[[ Records for this task, beginning ]]
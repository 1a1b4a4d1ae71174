-- ===== src/Tests/Starting.antt =====
-- Tests of main.go.
use k8sgrowthbook_controller.Prelude.{◌≡◌, refl, true, false, [], str, pos}
use k8sgrowthbook_controller.Effects.{Error, errors_new, Result, ok, err}
use k8sgrowthbook_controller.Start.Steps.{
  World, trace, ◌>>=◌, ended, exited, Flags, parse_flags, getenv, get_config_or_die, new_manager,
  add_healthz_check, add_readyz_check, index_field, complete, start_manager,
}
use k8sgrowthbook_controller.Start.Options.{StartExternals}
use k8sgrowthbook_controller.Start.Main.{main, serve}
use k8sgrowthbook_controller.Start.Protocol.{fresh, Finishes}
use k8sgrowthbook_controller.Start.Following.{main-Finishes}
use k8sgrowthbook_controller.Start.Serving.{Starts, IsWilling, main_serves}
use k8sgrowthbook_controller.Tests.Fixtures.{externals}

abbrev start_externals : StartExternals
start_externals = record {
  generate_id = λ prefix selector. prefix;
  get_watch_selector = λ o. ok (record { handle = 2 });
}

abbrev default_flags : Flags
default_flags = record {
  metrics_addr = str ":9556";
  health_addr = str ":9557";
  concurrent = pos 4;
  graceful_shutdown_timeout = pos 600;
  leader_election_options = record {
    enable = true;
    release_on_cancel = true;
    lease_duration = pos 35;
    renew_deadline = pos 30;
    retry_period = pos 5;
  };
  watch_options = record { label_selector = []; all_namespaces = false };
}

-- A world where the probe of readiness can be added or not.
abbrev world_with : Result Error Unit → World Unit
world_with ready (parse_flags _) s = (ok default_flags, s)
world_with ready (getenv _) s = (str "apps", s)
world_with ready get_config_or_die s = (ok (record { handle = 3 }), s)
world_with ready (new_manager _ _) s = (ok (record { handle = 4 }), s)
world_with ready (add_healthz_check _ _) s = (ok tt, s)
world_with ready (add_readyz_check _ _) s = (ready, s)
world_with ready (index_field _ _ _ _) s = (ok tt, s)
world_with ready (complete _ _) s = (ok tt, s)
world_with ready (start_manager _) s = (ok tt, s)

abbrev unready : World Unit
unready = world_with (err (errors_new (str "no probe")))

main-Finishes_example :
    Finishes externals start_externals fresh
      (trace unready (main externals start_externals) tt).0
      (trace unready (main externals start_externals) tt).1
main-Finishes_example = main-Finishes externals start_externals unready tt

unready_exits : (trace unready (main externals start_externals) tt).1 ≡ exited 1
unfolding main serve ◌>>=◌
unready_exits = refl

willing : IsWilling start_externals (world_with (ok tt))
willing (parse_flags _) s = (record { handle = 2 }, refl)
willing (getenv _) s = tt
willing get_config_or_die s = tt
willing (new_manager _ _) s = tt
willing (add_healthz_check _ _) s = tt
willing (add_readyz_check _ _) s = tt
willing (index_field _ _ _ _) s = tt
willing (complete _ _) s = tt
willing (start_manager _) s = tt

main_serves_example :
    ((trace (world_with (ok tt)) (main externals start_externals) tt).1 ≡ ended)
    × Starts (trace (world_with (ok tt)) (main externals start_externals) tt).0
main_serves_example = main_serves externals start_externals (world_with (ok tt)) willing tt
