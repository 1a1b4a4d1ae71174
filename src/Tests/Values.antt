-- ===== src/Tests/Values.antt =====
-- Tests of keys and tokens.
use k8sgrowthbook_controller.Prelude.{true, ◌≡◌, refl, some, [], ◌∷◌, str, ◌++◌}
use k8sgrowthbook_controller.Prelude.{◌↔◌, ◌⊎◌, ◌≤◌, text_eq}
use k8sgrowthbook_controller.Prelude.Options.{is_some}
use k8sgrowthbook_controller.Controller.Tokens.{slice_to, sdk_key}
use k8sgrowthbook_controller.Growthbook.SdkConnection.{key_text}
use k8sgrowthbook_controller.Keys.Tokens.{length, is_some-sdk_key, sdk_key_lem}
use k8sgrowthbook_controller.Keys.Random.{all_alphanumeric, all_alphanumeric-key_text}

is_some-sdk_key_example : (is_some (sdk_key (str "abc")) ≡ true) ↔ (4 ≤ length (str "abc"))
is_some-sdk_key_example = is_some-sdk_key (str "abc")

keyed : sdk_key (str "abcd") ≡ some (str "sdk-abcd")
unfolding sdk_key slice_to str text_eq
keyed = refl

sdk_key_lem_example :
    (slice_to 4 (str "sdk-abcd") ≡ some (str "sdk-"))
    × (sdk_key (str "sdk-abcd") ≡ some (str "sdk-abcd"))
    × (((str "sdk-abcd" ≡ str "abcd") × (slice_to 4 (str "abcd") ≡ some (str "sdk-")))
        ⊎ ((str "sdk-abcd" ≡ str "sdk-" ++ str "abcd")
            × ¬ (slice_to 4 (str "abcd") ≡ some (str "sdk-"))))
sdk_key_lem_example = sdk_key_lem (str "abcd") (str "sdk-abcd") keyed

all_alphanumeric-key_text_example : all_alphanumeric (key_text [] (251 ∷ 255 ∷ [])) ≡ true
all_alphanumeric-key_text_example = all_alphanumeric-key_text [] (251 ∷ 255 ∷ []) refl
[[ Records for this task, end ]]
» **Work item**:
Look above for the line containing "willing (index_field _ _ _ _) s = tt" and the line containing "-- Tests of keys and tokens.". Transcribe both, with the lines between them, exactly.

» **Solution to this problem**:
willing (index_field _ _ _ _) s = tt
willing (complete _ _) s = tt
willing (start_manager _) s = tt

main_serves_example :
    ((trace (world_with (ok tt)) (main externals start_externals) tt).1 ≡ ended)
    × Starts (trace (world_with (ok tt)) (main externals start_externals) tt).0
main_serves_example = main_serves externals start_externals (world_with (ok tt)) willing tt
repository 1a1b4a4d1ae71174
filename src/Tests/Values.antt
-- ===== src/Tests/Values.antt =====
-- Tests of keys and tokens.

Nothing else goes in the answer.